There are years that ask questions and years that answer.
I love myself when I am laughing. . . and then again when I am looking mean and impressive.
If you kin see de light at daybreak, you don't keer if you die at dusk. It's so many people never seen de light at all.
I have known the joy and pain of friendship. I have served and been served. I have made some good enemies for which I am not a bit sorry. I have loved unselfishly, and I have fondled hatred with the red-hot tongs of Hell. That's living.
If you are silent about your pain, they’ll kill you and say you enjoyed it.
Ships at a distance have every man's wish on board. For some they come in with the tide. For others they sail forever on the same horizon, never out of sight, never landing until the Watcher turns his eyes away in resignation, his dreams mocked to death by Time. That is the life of men. Now, women forget all those things they don't want to remember, and remember everything they don't want to forget. The dream is the truth. Then they act and do things accordingly.
Some people could look at a mud puddle and see an ocean with ships.
When God had made The Man, he made him out of stuff that sung all the time and glittered all over. Some angels got jealous and chopped him into millions of pieces, but still he glittered and hummed. So they beat him down to nothing but sparks but each little spark had a shine and a song. So they covered each one over with mud. And the lonesomeness in the sparks make them hunt for one another.
Bitterness is the coward's revenge on the world for having been hurt.
She had waited all her life for something, and it had killed her when it found her.
Two things everybody's got tuh do fuh theyselves. They got tuh go tuh God, and they got tuh find out about livin' fuh theyselves.
There is a basin in the mind where words float around on thought and thought on sound and sight. Then there is a depth of thought untouched by words, and deeper still a gulf of formless feelings untouched by thought.
It is so easy to be hopeful in the daytime when you can see the things you wish on. But it was night, it stayed night. Night was striding across nothingness with the whole round world in his hands . . . They sat in company with the others in other shanties, their eyes straining against cruel walls and their souls asking if He meant to measure their puny might against His. They seemed to be staring at the dark, but their eyes were watching God.
No hour is ever eternity, but it has its right to weep.
A thing is mighty big when time and distance cannot shrink it.
Then you must tell 'em dat love ain't somethin' lak uh grindstone dat's de same thing everywhere and do de same thing tuh everything it touch. Love is lak de sea.

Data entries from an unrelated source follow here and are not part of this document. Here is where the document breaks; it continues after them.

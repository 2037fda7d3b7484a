-- ===== src/Scenarios/Revisions.antt =====
-- Revisions of scenarios as statements run (apps/backend/src/modules/route-simulation/
-- route-simulation-scenarios.service.ts).
use shipment_tracking_system.Prelude.{
  ℕ, ◌<◌, Bool, false, ◌≡◌, ◌≢◌, refl, sym, ◌∙◌, ap, none, some, List, [], ◌∷◌, ◌++◌, All,
  All-update, All-filter, All-append, All-mono, arith, Bool-cases, ◌==◌, ◌&&◌, not, filter, length,
  update_rows, inl, inr, trim, is_given, get_or, delete_rows, ltb, ◌⊎◌, IsUnique,
}
use shipment_tracking_system.Prelude.Orm.{Orm, OrmLaws}
use shipment_tracking_system.Scenarios.{
  Scenario, Store, created, CreateScenarioDto, UpdateScenarioDto, patched, is_current, create_write,
  update_write, remove, find_one, is_name_taken, new_name,
}

-- The scenario has moved past the revision.
abbrev pub IsPast : ℕ → ℕ → Store → Type 0
IsPast id revision s = All (λ r. r.id ≡ id → revision < r.revision) s.scenarios

-- One statement of some request, between the statements of others.
pub data Write (orm : Orm) (answer : ℕ → ℕ) (id : ℕ) : Store → Store → Type 0 where
  creates :
      (dto : CreateScenarioDto) (user new_id now : ℕ) (s : Store)
      → new_id ≢ id
      → Write orm answer id s (create_write orm answer dto user new_id now s).1
  updates :
      (other : ℕ) (dto : UpdateScenarioDto) (user now : ℕ) (s : Store)
      → Write orm answer id s (update_write orm answer other dto user now s).1
  removes : (other : ℕ) (s : Store) → Write orm answer id s (remove orm answer other s).1

pub data Writes (orm : Orm) (answer : ℕ → ℕ) (id : ℕ) (s : Store) : Store → Type 0 where
  here : Writes orm answer id s s
  next :
      {t u : Store} → Writes orm answer id s t → Write orm answer id t u → Writes orm answer id s u

-- Where no row is current, the statement changes no row.
pub update_rows-none :
    (p : Scenario → Bool) (f : Scenario → Scenario) (rows : List Scenario)
    → All (λ r. p r ≡ false) rows
    → (update_rows p f rows ≡ rows) × (length (filter p rows) ≡ 0)
update_rows-none p f [] h = (refl, refl)
update_rows-none p f (r ∷ rows) h =
    let (same, none_left) = update_rows-none p f rows h.1 in
    (ground (arith, h.0, same), ground (arith, h.0, none_left))

update_rows-missed :
    (p : Scenario → Bool) (f : Scenario → Scenario) (rows : List Scenario)
    → length (filter p rows) ≡ 0
    → update_rows p f rows ≡ rows
update_rows-missed p f [] h = refl
update_rows-missed p f (r ∷ rows) h = elim (Bool-cases (p r)) [
  | inl hit ↦ absurd (ground (arith, h, hit))
  | inr missed ↦ rw missed (ap (λ l. r ∷ l) (update_rows-missed p f rows (rw missed at h)))
]

pub past_not_current :
    (id revision : ℕ) (rows : List Scenario)
    → All (λ r. r.id ≡ id → revision < r.revision) rows
    → All (λ r. is_current id revision r ≡ false) rows
past_not_current id revision rows h =
    All-mono (λ r. r.id ≡ id → revision < r.revision) (λ r. is_current id revision r ≡ false) rows
      (λ r past. ground (arith, past)) h

module _ (orm : Orm) (laws : OrmLaws orm) (answer : ℕ → ℕ) (id revision : ℕ) where
  abbrev Past : Scenario → Type 0
  Past r = r.id ≡ id → revision < r.revision

  update_write_cases :
      (k : ℕ) (dto : UpdateScenarioDto) (user now : ℕ) (s : Store)
      → ((update_write orm answer k dto user now s).1.scenarios ≡ s.scenarios)
        ⊎ ((update_write orm answer k dto user now s).1.scenarios
            ≡ update_rows
                (is_current k dto.revision)
                (patched dto (new_name dto) user now)
                s.scenarios)
  unfolding update_write find_one
  update_write_cases k dto user now s =
      let hits = length (filter (is_current k dto.revision) s.scenarios) in
      elim (Bool-cases (
        ltb 0 hits
        && is_given (new_name dto)
        && is_name_taken (get_or (new_name dto) "") (some k) s.scenarios)) [
          | inl taken ↦ inl (ground (arith, taken))
          | inr free ↦ elim (Bool-cases (answer hits == 0)) [
            | inl stale ↦ inr (ground (arith, free, stale))
            | inr done ↦ inr (ground (arith, free, done))
          ]
        ]

  create_write_cases :
      (dto : CreateScenarioDto) (user new_id now : ℕ) (s : Store)
      → ((create_write orm answer dto user new_id now s).1.scenarios ≡ s.scenarios)
        ⊎ ((r : Scenario) × (r.id ≡ new_id)
            × ((create_write orm answer dto user new_id now s).1.scenarios ≡ s.scenarios ++ r ∷ []))
  unfolding create_write find_one
  create_write_cases dto user new_id now s =
      elim (Bool-cases (is_name_taken (trim dto.name) none s.scenarios)) [
        | inl taken ↦ inl (ground (arith, taken))
        | inr free ↦ inr (
          created dto user new_id now,
          refl,
          ground (arith, free, laws.insert_lem Scenario (created dto user new_id now) s.scenarios),
        )
      ]

  remove-scenarios :
      (k : ℕ) (s : Store)
      → (remove orm answer k s).1.scenarios ≡ delete_rows (λ r. r.id == k) s.scenarios
  unfolding remove
  remove-scenarios k s = laws.delete_lem Scenario (λ r. r.id == k) s.scenarios

  Write-IsPast :
      {s t : Store} → Write orm answer id s t → IsPast id revision s → IsPast id revision t
  unfolding patched
  Write-IsPast (creates dto user new_id now s ne) h =
      elim (create_write_cases dto user new_id now s) [
        | inl same ↦ rw same h
        | inr (r, is_new, wrote) ↦
            rw wrote
              (All-append Past s.scenarios (r ∷ []) h ((λ e. absurd (ne (sym is_new ∙ e))), tt))
      ]
  Write-IsPast (updates k dto user now s) h = elim (update_write_cases k dto user now s) [
    | inl same ↦ rw same h
    | inr wrote ↦ rw wrote (
        All-update Past (is_current k dto.revision) (patched dto (new_name dto) user now)
          s.scenarios (λ r hit past e. omega (arith, past e)) h)
  ]
  Write-IsPast (removes k s) h =
      rw (remove-scenarios k s) (All-filter Past (λ r. not (r.id == k)) s.scenarios h)

  pub Writes-IsPast :
      {s t : Store} → IsPast id revision s → Writes orm answer id s t → IsPast id revision t
  Writes-IsPast h here = h
  Writes-IsPast h (next ws w) = Write-IsPast w (Writes-IsPast h ws)

-- The statement that hits a row moves it past the revision, and ids are unique.
update_rows-past :
    (id : ℕ) (dto : UpdateScenarioDto) (user now : ℕ) (rows : List Scenario)
    → IsUnique (λ r. r.id) rows
    → length (filter (is_current id dto.revision) rows) ≢ 0
    → All
        (λ r. r.id ≡ id → dto.revision < r.revision)
        (update_rows (is_current id dto.revision) (patched dto (new_name dto) user now) rows)
unfolding patched
update_rows-past id dto user now [] u hit = absurd (hit refl)
update_rows-past id dto user now (r ∷ rows) u hit =
    let test = is_current id dto.revision in
    let f = patched dto (new_name dto) user now in
    let Other = λ (v : Scenario). v.id ≢ id in
    let Past = λ (v : Scenario). v.id ≡ id → dto.revision < v.revision in
    elim (Bool-cases (test r)) [
      | inl current ↦
          let e : r.id ≡ id = ground (arith, current) in
          let others = All-mono (λ v. v.id ≢ r.id) Other rows (λ v ne q. ne (q ∙ sym e)) u.0 in
          let kept = All-update Other test f rows (λ v _ ne. ne) others in
          rw current (
            (λ _. ground (arith, current)),
            All-mono Other Past (update_rows test f rows) (λ v ne q. absurd (ne q)) kept,
          )
      | inr not_current ↦
          let hit' : length (filter test rows) ≢ 0 =
            λ none_left. hit (ground (arith, not_current, none_left)) in
          let apart : r.id ≢ id = λ e.
            hit'
              (update_rows-none test f rows (
                All-mono (λ v. v.id ≢ r.id) (λ v. test v ≡ false) rows
                  (λ v ne. ground (arith, e, ne)) u.0)).1 in
          rw not_current ((λ e. absurd (apart e)), update_rows-past id dto user now rows u.1 hit')
    ]

-- An update that changed the rows moved the scenario past its revision.
pub update_write-IsPast :
    (orm : Orm) (laws : OrmLaws orm) (answer : ℕ → ℕ) (id : ℕ) (dto : UpdateScenarioDto)
    (user now : ℕ) (s : Store)
    → IsUnique (λ r. r.id) s.scenarios
    → (update_write orm answer id dto user now s).1.scenarios ≢ s.scenarios
    → IsPast id dto.revision (update_write orm answer id dto user now s).1
update_write-IsPast orm laws answer id dto user now s ids changed =
    elim (update_write_cases orm laws answer id dto.revision id dto user now s) [
      | inl same ↦ absurd (changed same)
      | inr wrote ↦
          let test = is_current id dto.revision in
          let f = patched dto (new_name dto) user now in
          let hit : length (filter test s.scenarios) ≢ 0 =
            λ none_left. changed (wrote ∙ update_rows-missed test f s.scenarios none_left) in
          rw wrote (update_rows-past id dto user now s.scenarios ids hit)
    ]
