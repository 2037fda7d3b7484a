-- ===== src/Scenarios/Locking.antt =====
-- Optimistic locking of scenarios (apps/backend/src/modules/route-simulation/
-- route-simulation-scenarios.service.ts): a revision is saved over once.
use shipment_tracking_system.Prelude.{
  ℕ, ◌≡◌, ◌≢◌, ◌∙◌, ap, arith, Bool-cases, ◌==◌, ok, err, inl, inr, IsUnique, if◌then◌else◌,
}
use shipment_tracking_system.Prelude.Orm.{Orm, OrmLaws}
use shipment_tracking_system.Scenarios.{
  Store, Detail, UpdateScenarioDto, patched, is_current, update_write, find_one, stale_conflict,
  new_name,
}
use shipment_tracking_system.Scenarios.Revisions.{
  IsPast, Writes, update_rows-none, past_not_current, update_write-IsPast, Writes-IsPast,
}

-- An update of a revision that no row has any more writes nothing. It is refused as stale if the
-- database's answer to no row is an empty array, and reads the scenario back otherwise.
stale_update :
    (orm : Orm) (answer : ℕ → ℕ) (id : ℕ) (dto : UpdateScenarioDto) (user now : ℕ) (s : Store)
    → IsPast id dto.revision s
    → update_write orm answer id dto user now s
      ≡ (if answer 0 == 0 then err stale_conflict else (find_one id s).0, s)
unfolding update_write find_one
stale_update orm answer id dto user now s past =
    let (same, none_left) =
      update_rows-none (is_current id dto.revision) (patched dto (new_name dto) user now)
        s.scenarios (past_not_current id dto.revision s.scenarios past) in
    elim (Bool-cases (answer 0 == 0)) [
      | inl empty ↦ ground (arith, same, none_left, empty)
      | inr other ↦ ground (arith, same, none_left, other)
    ]

-- A save that was written is not lost, whatever the database driver answers: after an update from a
-- revision that changed the scenarios, and any statements of other requests, a second update from the
-- same revision changes nothing. Ids are unique. What the second update answers is not stated.
pub no_lost_update :
    (orm : Orm) (laws : OrmLaws orm) (answer : ℕ → ℕ) (id : ℕ) (mine theirs : UpdateScenarioDto)
    (user user' now now' : ℕ) (s t : Store)
    → IsUnique (λ r. r.id) s.scenarios
    → theirs.revision ≡ mine.revision
    → (update_write orm answer id mine user now s).1.scenarios ≢ s.scenarios
    → Writes orm answer id (update_write orm answer id mine user now s).1 t
    → (update_write orm answer id theirs user' now' t).1 ≡ t
no_lost_update orm laws answer id mine theirs user user' now now' s t ids same wrote ws =
    let past =
      Writes-IsPast orm laws answer id mine.revision
        (update_write-IsPast orm laws answer id mine user now s ids wrote) ws in
    ap (λ r. r.1) (stale_update orm answer id theirs user' now' t (rw same past))

-- If the driver answers a pair, the rows and their number, as TypeORM documents for an UPDATE and as
-- other services of the repository read it, an update from a revision that is past is not refused:
-- it answers the stored scenario as if it had saved, and writes nothing.
pub stale_update_answers_ok :
    (orm : Orm) (answer : ℕ → ℕ) (id : ℕ) (dto : UpdateScenarioDto) (user now : ℕ) (s : Store)
    (d : Detail)
    → ((n : ℕ) → answer n ≡ 2)
    → IsPast id dto.revision s
    → (find_one id s).0 ≡ ok d
    → update_write orm answer id dto user now s ≡ (ok d, s)
stale_update_answers_ok orm answer id dto user now s d pair past found =
    stale_update orm answer id dto user now s past ∙ rw (pair 0) (ap (λ r. (r, s)) found)
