-- ===== src/Scheduler/State.antt =====
-- `scheduler.service.ts`: what the service keeps: its maps, its state objects, the timers, and the
-- cycles that run.
use shipment_tracking_system.Prelude.{
  ℕ, ◌+◌, ◌*◌, String, Bool, false, Option, none, some, List, [], ◌∷◌, ◌≡◌, ◌==◌, if◌then◌else◌,
  is_some, get, set, remove,
}

-- What the service uses of @nestjs/schedule: a registry of named timers. A name is
-- `air_shipments_sync:` before the id of a sheet, so the id stands for it. `none` is an exception;
-- `delete_interval` answers the timer that it clears.
pub record SchedulerRegistry : Type 0 where
  pub does_exist : ℕ → List (ℕ × ℕ) → Bool
  pub add_interval : ℕ → ℕ → List (ℕ × ℕ) → Option (List (ℕ × ℕ))
  pub delete_interval : ℕ → List (ℕ × ℕ) → Option (ℕ × List (ℕ × ℕ))

-- The answer for the timer that has the name, if one has.
abbrev pub cleared : ℕ → List (ℕ × ℕ) → Option ℕ → Option (ℕ × List (ℕ × ℕ))
cleared name r none = none
cleared name r (some timer) = some (timer, remove ◌==◌ name r)

-- Its documentation: names are unique, and a name must be there to be deleted.
pub record SchedulerRegistryLaws (registry : SchedulerRegistry) : Type 0 where
  pub does_exist_lem :
      (name : ℕ) (r : List (ℕ × ℕ)) → registry.does_exist name r ≡ is_some (get ◌==◌ name r)
  pub add_interval_lem :
      (name timer : ℕ) (r : List (ℕ × ℕ))
      → registry.add_interval name timer r
        ≡ (if is_some (get ◌==◌ name r) then none else some (set ◌==◌ name timer r))
  pub delete_interval_lem :
      (name : ℕ) (r : List (ℕ × ℕ))
      → registry.delete_interval name r ≡ cleared name r (get ◌==◌ name r)

pub record SyncState : Type 0 where
  pub is_syncing : Bool
  pub consecutive_skips : ℕ
  pub is_paused : Bool

-- A timer of Node: the sheet its callback ticks, and its delay, where `none` is undefined.
pub record Timer : Type 0 where
  pub id : ℕ
  pub sheet_id : ℕ
  pub delay : Option ℕ

-- A call of `tick` that awaits its sync: the sheet, and the state object it has got.
pub record Cycle : Type 0 where
  pub sheet_id : ℕ
  pub state : ℕ

-- The columns of `google_sheet_config` that the service reads.
pub record GoogleSheetConfig : Type 0 where
  pub id : ℕ
  pub sheet_id : ℕ
  pub label : String
  pub enabled : Bool
  pub sync_interval : ℕ

-- The maps of the service, its state objects, the registry, the live timers, the running cycles.
pub record Scheduler : Type 0 where
  pub intervals : List (ℕ × ℕ)
  pub labels : List (ℕ × String)
  pub states : List (ℕ × ℕ)
  pub config_id_to_sheet_id : List (ℕ × ℕ)
  pub objects : ℕ → SyncState
  pub next_object : ℕ
  pub registry : List (ℕ × ℕ)
  pub timers : List Timer
  pub next_timer : ℕ
  pub running : List Cycle

abbrev pub idle : SyncState
idle = record { is_syncing = false; consecutive_skips = 0; is_paused = false }

abbrev pub put : ℕ → SyncState → (ℕ → SyncState) → ℕ → SyncState
put a v objects b = if b == a then v else objects b

-- `(config.syncInterval || 15) * 1000`
abbrev pub interval_ms : GoogleSheetConfig → ℕ
interval_ms c = (if c.sync_interval == 0 then 15 else c.sync_interval) * 1000

-- `this.state.set(sheetId, { isSyncing: false, consecutiveSkips: 0, isPaused: false })`
unfoldable pub new_state : ℕ → Scheduler → Scheduler
new_state sheet s = record s {
  states = set ◌==◌ sheet s.next_object s.states;
  objects = put s.next_object idle s.objects;
  next_object = s.next_object + 1;
}

-- The cycle is no longer running.
abbrev pub settled : ℕ → List Cycle → List Cycle
settled a [] = []
settled a (c ∷ cs) = if c.state == a then cs else c ∷ settled a cs

-- What `handleConfigReady` and `handleConfigCreate` write of an enabled config.
abbrev pub register : GoogleSheetConfig → Scheduler → Scheduler
register c s =
    let s' = new_state c.sheet_id s in
    record s' {
      labels = set ◌==◌ c.sheet_id c.label s.labels;
      intervals = set ◌==◌ c.sheet_id (interval_ms c) s.intervals;
      config_id_to_sheet_id = set ◌==◌ c.id c.sheet_id s.config_id_to_sheet_id;
    }

-- The state once the interval has been started: a running sync keeps its state object.
abbrev pub resumed : ℕ → Option ℕ → Scheduler → Scheduler
resumed sheet none s = new_state sheet s
resumed sheet (some a) s =
    let o = s.objects a in
    if o.is_syncing
    then record s {
      objects = put a (record o { is_paused = false; consecutive_skips = 0 }) s.objects;
    }
    else new_state sheet s
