-- ===== src/Lib.antt =====
-- bastion-hub (NodePanel): a master that keeps websocket connections to agents on many nodes, polls
-- their health, watches and updates their containers and runs scheduled backups.
--
-- Parts and files (paths from the repository's root):
--   Hub               master/internal/agenthub/hub.go, request.go: the pool of agent connections and the
--                     waiters of requests. Each function is one critical section of the code, or what
--                     a goroutine does between two of them. Hub/World puts connections and callers
--                     together as a step relation: any of them may move at any time. Channels and
--                     send buffers have the code's capacity of 64.
--   Health/Alerts     master/internal/health/monitor.go (evaluate, pollOnce), cache.go (Sample) and
--                     master/internal/store/health.go: the table of alert rules, and one poll of a node.
--   Health/Cache      master/internal/health/cache.go: the last 240 samples of each node.
--   Monitor           master/internal/monitor/monitor.go: announcing containers in a bad state.
--   Scheduler/Policy  master/internal/scheduler/scheduler.go: classifyUpdateCandidates, imageTagOf.
--   Scheduler/Reports the same file: trackBackupStart, queueBackupReport, flushBackupReports.
--   Scheduler/Backups the same file: the units of runBackup, and the retries of runBackupBatch.
--   Scheduler/Reconcile  the same file: reconcileConfiguredContainerNames and
--                     persistReconciledContainerTargets.
--   Scheduler/Updates the same file: runContainerUpdateNode, with what the node, the store and the agent
--                     answer as inputs, and its requests in order; their types are in Scheduler/Answers.
--   Scheduler/Versions the same file: schedulerAgentVersionAtLeast and uniqueStrings.
--   Scheduler/Fleet   the same file: runContainerUpdate, the update of all nodes of a schedule.
--   Agent/Registry    agent/internal/agent/registry.go: image references, versions in tags, the highest one.
--   Agent/Flavours    the same file: which tags an automatic upgrade may choose. Its regular expressions
--                     are read as functions on the bytes of a tag.
--   Backup/Rows, Backup/Jobs  master/internal/store/backups.go, restore_jobs.go: the tables of backups and
--                     of restore jobs, as lists of rows.
--   Backup/Targets, Backup/Run  master/internal/backup/service.go: directS3UploadConfig, splitTargetIDs
--                     and runBackup, a backup from the agent's archive to its targets.
--   Backup/Restic     the same file: RunResticContainerBackupSync and execAgentSync.
--   Backup/Restore    the same file: runNodeRestore and how a restore job ends.
--   Backup/Shard, Backup/Stage  master/internal/targets/shard.go (shardPull) and ensureStaged of the same
--                     file: pulling an archive back. A target's own Pull is an argument.
--   Backup/Retention  master/internal/backup/service.go: applyRetention.
--   Backup/Report     the same file: the rows and the table of FormatBackupReport. Its texts are lists of
--                     runes; those of the other modules are lists of bytes, except that a Chinese
--                     message of the code stands there by its code points.
--   Inventory         master/internal/store/containers.go: the stored containers and the scan cache.
--   BrowserHub        master/internal/browserhub/hub.go: clients and Broadcast. BrowserHub/World lets
--                     browsers and callers move in any order, each ServeBrowser in its own.
--   Agent/Scan        agent/internal/agent/docker.go: applyRegistryScanGroup, what a scan says of the
--                     containers of one image.
--   Agent/Upgrade     the same file: upgradeAction and rewriteComposeImage, the change of a Compose file;
--                     a file that cannot be written stays as it was.
--   Agent/Ready       the same file: waitContainerReadyStable, over the turns of its loop as a list. The
--                     clock is read once in a turn.
--   Backup/Push       master/internal/backup/reliable.go: the attempts of pushArchiveReliable.
--   Backup/Reaper     master/internal/backup/reaper.go and ReapStaleBackups of
--                     master/internal/store/backups.go: ending abandoned backups.
--   Prelude           lists, texts (lists of bytes), association lists and tests that these share.
-- The scheduler takes candidates from a scan (Policy), brings a schedule in line with it (Reconcile),
-- updates what it wants (Updates), and backs up through the hub (Backups), whose outcomes go into one
-- report (Reports). The monitors read what the agents report through the hub; the agent suggests the
-- tags (Agent/Registry, Agent/Flavours). A backup (Backup/Run, Backup/Restic) makes a row, pushes its
-- archive to the targets (Backup/Push), drops old versions (Retention) and is told of in a report
-- (Backup/Report); a restore (Backup/Restore) makes a job for each container. Updates are sent to the
-- browsers (BrowserHub), and reports of containers go into the Inventory.
--
-- How the code is read: a map is an association list or a function, and the order of its entries is one
-- of those that Go's iteration may take; a set is the list of its items; a mutex makes a function
-- atomic. Times are natural numbers of seconds; a window of an alert and the bounds of the retention,
-- which a request may set below zero, are integers. A float64 is a type with the comparisons that the
-- code uses, and two laws on them (Health/Alerts). Store.ContainerIDByName is a function that the scheduler's
-- definitions take. In Backup/Run and Scheduler/Fleet, goroutines that wait for a mutex are taken in
-- the order in which they end, which is an argument. Callbacks of the hub are recorded with the
-- critical section before them.
--
-- Bounds: retryOfflineUnits runs on fuel, one unit for each round; its window of two hours has room for
-- 12 rounds at ten minutes' distance, and the 13th finds it over. pushArchiveReliable has five attempts.
--
-- Not modelled: sockets, deadlines and pings of the hub; the fetching and decoding of Netdata charts;
-- SQL errors other than a taken key; the units of a batch in Scheduler/Backups, whose outcomes are
-- inputs; parseResticAddedBytes, which reads a floating-point number; HTTP handlers, storage targets, the
-- rest of the agent's side, and the web interface.
pub mod Prelude
pub mod Hub
pub mod Health
pub mod Monitor
pub mod Scheduler
pub mod Agent
pub mod Backup
pub mod Inventory
pub mod BrowserHub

It's uh movin' thing, but still and all, it takes its shape from de shore it meets, and it's different with every shore.
I made up my mind to keep my feelings to myself since they did not seem to matter to anyone else but me.
I have the nerve to walk my own way, however hard, in my search for reality, rather than climb upon the rattling wagon of wishful illusions.
She had an inside and an outside now and suddenly she knew how not to mix them.
All gods who receive homage are cruel. All gods dispense suffering without reason. Otherwise they would not be worshipped. Through indiscriminate suffering men know fear and fear is the most divine emotion. It is the stones for altars and the beginning of wisdom. Half gods are worshipped in wine and flowers. Real gods require blood.
She stood there until something fell off the shelf inside her.
So she sat on the porch and watched the moon rise. Soon its amber fluid was drenching the earth, and quenching the thirst of the day.
She didn't read books so she didn't know that she was the world and the heavens boiled down to a drop.
I am not tragically colored. There is no great sorrow dammed up in my soul, nor lurking behind my eyes. I do not mind at all. I do not belong to the sobbing school of Negrohood who hold that nature somehow has given them a lowdown dirty deal and whose feelings are all hurt about it. Even in the helter-skelter skirmish that is my life, I have seen that the world is to the strong regardless of a little pigmentation more or less. No, I do not weep at the world—I am too busy sharpening my oyster knife.